# my tanks



## rich (May 22, 2010)

just some pics of my cichlid collection ... lol sorry poor pics damn cheap phone pics where taken 5 months ago ...gotta get a good camera


----------



## rich (May 22, 2010)

some more old pics


----------



## Riceburner (Mar 14, 2008)

nice fishies.....some not too bad for a phone cam


----------



## rich (May 22, 2010)

more old pics plus my ventrails colony


----------



## Thanusan (Jan 8, 2011)

wow looks nice Rich!!!


----------



## KhuliLoachFan (Mar 8, 2008)

nice.
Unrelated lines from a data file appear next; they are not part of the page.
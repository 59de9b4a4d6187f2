-- ===== src/Tests/Gny.antt =====
-- The GNY format and the relay of messages on concrete messages.
use gnyproxy.Prelude.{◌>>=◌, ◌≡◌, refl, true, false, List, [], ◌∷◌, Bytes, codes, ok, arith}
use gnyproxy.Prelude.Int.{pos, negsuc}
use gnyproxy.Http.{header_unknown}
use gnyproxy.HttpMessage.{
  MessageState, rank, KeyValue, HttpMessage, init, set_verb, set_url, end_header,
}
use gnyproxy.HttpMessage
use gnyproxy.HttpMessage.Life.{
  Call, run, none_drained, gather, new_headers, new_body, new_footers, is_sent-drained, adds_header,
  ends_header, appends_entity, gets_headers, ends_entity, gets_entity, ends_footer, Situation,
}
use gnyproxy.HttpMessage.Life
use gnyproxy.HttpProxy.{dump_message, generate_message}
use gnyproxy.HttpProxy.Handed.{relayed}
use gnyproxy.HttpProxy.Kept.{Kept}
use gnyproxy.HttpProxy.Relay.{dump_message-Kept}
use gnyproxy.HttpProxy.Generated.{response, generate_message-IsWritable}
use gnyproxy.Socket.{Socket, received}
use gnyproxy.GnyWire.{PairsWire, end, known, EntityWire, stop, MessageWire}
use gnyproxy.GnyWire
use gnyproxy.MessageSinkGny.{MessageSinkGny, check_for_update, write_chunks}
use gnyproxy.MessageSinkGny
use gnyproxy.MessageSinkGny.Chunks.{Chunked, write_chunks-EntityWire}
use gnyproxy.MessageSinkGny.Encode.{closed, IsWritable, SameContent, Encoded, encoded}
use gnyproxy.MessageSourceGny.Spec.{parse, parse_byte}
use gnyproxy.MessageSourceGny.Config.{Config, view}
use gnyproxy.MessageSourceGny.Closing.{base, idle}
use gnyproxy.MessageSourceGny.Reads.{Reads, read_bytes-parse}
use gnyproxy.MessageSourceGny.Pieces.{concat, read_pieces, ReadsAll, read_pieces-parse}
use gnyproxy.MessageSourceGny.{
  MessageSourceGny, create, loop, close_read, flush, trim_stream, step_in, init_verb, done,
  read_bytes,
}
use gnyproxy.RoundTrip.{
  read_pieces-MessageWire, written-read, SettledCuts-whole, SettledCuts-encoded, concat-whole,
}

-- A socket that delivers what it has shown.
abbrev socket : Socket
socket = record { peek = λ n. received []; consume = λ n. pos n; send = λ n. pos n }

abbrev sample : HttpMessage
sample = record {
  is_request = true;
  url = b'/' ∷ [];
  verb = 2;
  status = negsuc 0;
  headers = (codes "Host", b'h' ∷ []) ∷ (b'X' ∷ [], b'1' ∷ []) ∷ [];
  footers = (codes "Via", []) ∷ [];
  body = b'a' ∷ b'b' ∷ [];
  state = MessageState.done;
}

sample_writable : IsWritable sample
sample_writable = record {
  headers_clean = ((refl, (refl, (refl, (refl, tt)))), (refl, tt), ((refl, tt), (refl, tt), tt));
  footers_clean = ((refl, (refl, (refl, tt))), tt, tt);
  url_clean = (refl, tt);
  line_known = (refl, omega arith);
}

encoded_example : Encoded sample
encoded_example = encoded sample sample_writable

written-read_example :
    (sink : MessageSinkGny) × (r : MessageSourceGny) × (check_for_update
        (MessageSinkGny.create (closed sample))
      ≡ ok sink)
    × (sink.data_stream ≡ concat ((encoded sample sample_writable).wire ∷ []))
    × (read_pieces (create (init true)) socket ((encoded sample sample_writable).wire ∷ []) ≡ ok r)
    × SameContent sample r.msg
    × (r.state ≡ done)
written-read_example =
    written-read sample sample_writable socket ((encoded sample sample_writable).wire ∷ [])
      (λ n. refl) (concat-whole (encoded sample sample_writable).wire)
      (SettledCuts-encoded sample sample_writable)

-- A request with a known header.
abbrev small_message : HttpMessage
small_message = record {
  is_request = true;
  url = b'/' ∷ [];
  verb = 2;
  status = negsuc 0;
  headers = [];
  footers = [];
  body = [];
  state = MessageState.done;
}

abbrev small_wire : Bytes
small_wire = 2 ∷ b'/' ∷ 0 ∷ 54 ∷ 0 ∷ 0 ∷ 54 ∷ []

small_format : MessageWire small_wire small_message
small_format = GnyWire.request 2 (b'/' ∷ []) (refl, tt) end stop end

read_pieces-MessageWire_example :
    (r : MessageSourceGny) × (read_pieces (create (init true)) socket (small_wire ∷ []) ≡ ok r)
    × (r.msg ≡ small_message)
    × (r.state ≡ done)
read_pieces-MessageWire_example =
    read_pieces-MessageWire small_format socket (small_wire ∷ []) (λ n. refl)
      (concat-whole small_wire) (SettledCuts-whole small_format)

abbrev new_reader : Config
new_reader = record {
  msg = init true;
  state = init_verb;
  substate = 0;
  key = header_unknown;
  gone = [];
  token = [];
}

read_bytes-parse_example :
    Reads
      (2 ∷ b'/' ∷ [])
      (read_bytes (idle new_reader) socket (2 ∷ b'/' ∷ []))
      (parse (2 ∷ b'/' ∷ []) (view (base new_reader)))
unfolding parse parse_byte
read_bytes-parse_example = read_bytes-parse new_reader socket (2 ∷ b'/' ∷ []) tt (λ n h. refl) tt

read_pieces-parse_example :
    ReadsAll
      (read_pieces (idle new_reader) socket ((2 ∷ b'/' ∷ []) ∷ (0 ∷ []) ∷ []))
      (parse (concat ((2 ∷ b'/' ∷ []) ∷ (0 ∷ []) ∷ [])) (view (base new_reader)))
unfolding parse parse_byte
read_pieces-parse_example =
    read_pieces-parse ((2 ∷ b'/' ∷ []) ∷ (0 ∷ []) ∷ []) new_reader socket tt (λ n. refl)
      (tt, (tt, tt))

write_chunks-EntityWire_example : Chunked 2 (b'a' ∷ b'b' ∷ [])
write_chunks-EntityWire_example = write_chunks-EntityWire 2 (b'a' ∷ b'b' ∷ []) (omega arith)

dump_message-Kept_example :
    (dump_message sample (init true)
      ≡ ok (record sample { headers = []; body = []; footers = [] }, sample))
    × Kept (sample, init true) (relayed sample (init true))
    × ((relayed sample (init true)).1.state ≡ MessageState.done)
unfolding init
dump_message-Kept_example = dump_message-Kept sample (init true) (omega arith)

generate_message-IsWritable_example :
    (generate_message (init false) (pos 404) (codes "no") ≡ ok (response 404 (codes "no")))
    × IsWritable (response 404 (codes "no"))
generate_message-IsWritable_example = generate_message-IsWritable 404 (codes "no") (omega arith)

abbrev calls : List Call
calls =
    adds_header (b'k' ∷ []) (b'v' ∷ [])
    ∷ ends_header
    ∷ gets_headers
    ∷ appends_entity (b'a' ∷ [])
    ∷ ends_entity
    ∷ gets_entity
    ∷ ends_footer
    ∷ []

abbrev after_calls : Situation
after_calls = (
  record (init true) { state = MessageState.done },
  record { headers = (b'k' ∷ [], b'v' ∷ []) ∷ []; body = b'a' ∷ []; footers = [] },
)

calls-run : run (init true, none_drained) calls ≡ ok after_calls
unfolding run Life.step init HttpMessage.add_header HttpMessage.append_entity HttpMessage.end_header
    HttpMessage.end_entity HttpMessage.end_footer HttpMessage.get_headers HttpMessage.get_entity
calls-run = refl

is_sent-drained_example :
    (after_calls.0.state ≡ MessageState.done)
    × (after_calls.1.headers ≡ gather new_headers calls)
    × (after_calls.1.body ≡ gather new_body calls)
    × (after_calls.1.footers ≡ gather new_footers calls)
unfolding init HttpMessage.is_sent
is_sent-drained_example = is_sent-drained true calls after_calls calls-run refl

-- The value `12` of a header with its own name, cut between two calls of `read`, is lost.
cut_value :
    (read_pieces
        (create (init true))
        socket
        ((2 ∷ b'/' ∷ 0 ∷ 53 ∷ b'X' ∷ 0 ∷ b'1' ∷ []) ∷ (b'2' ∷ 0 ∷ 54 ∷ 0 ∷ 0 ∷ 54 ∷ []) ∷ [])
      >>= λ r. ok r.msg.headers)
    ≡ ok ((b'X' ∷ [], []) ∷ [])
unfolding read_pieces read_bytes create init loop close_read flush trim_stream step_in
    gnyproxy.MessageSourceGny.c_string_at gnyproxy.MessageSourceGny.add_pair set_url set_verb
    end_header gnyproxy.Common.read_short HttpMessage.end_entity HttpMessage.end_footer
    gnyproxy.Http.c_str
cut_value = refl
I'd love to get an O. Ventralis group going.

W

P.S. Re 'good camera'. I just got a cheap $80 camera (Fuji AV130) that takes full HD video plus 14 megapixel camera. It works great, and the pictures are nicer than my high end DSLR, in many ways.


----------



## rich (May 22, 2010)

*some new pics*

my duboisi colony and Cyphotilapia gibberosa (Bismark)colony


----------



## pat3612 (Jan 29, 2008)

Nice fish.


----------



## Liquid_Pyro (Oct 2, 2009)

what kind of substrate you got in your tanks? Love the black


----------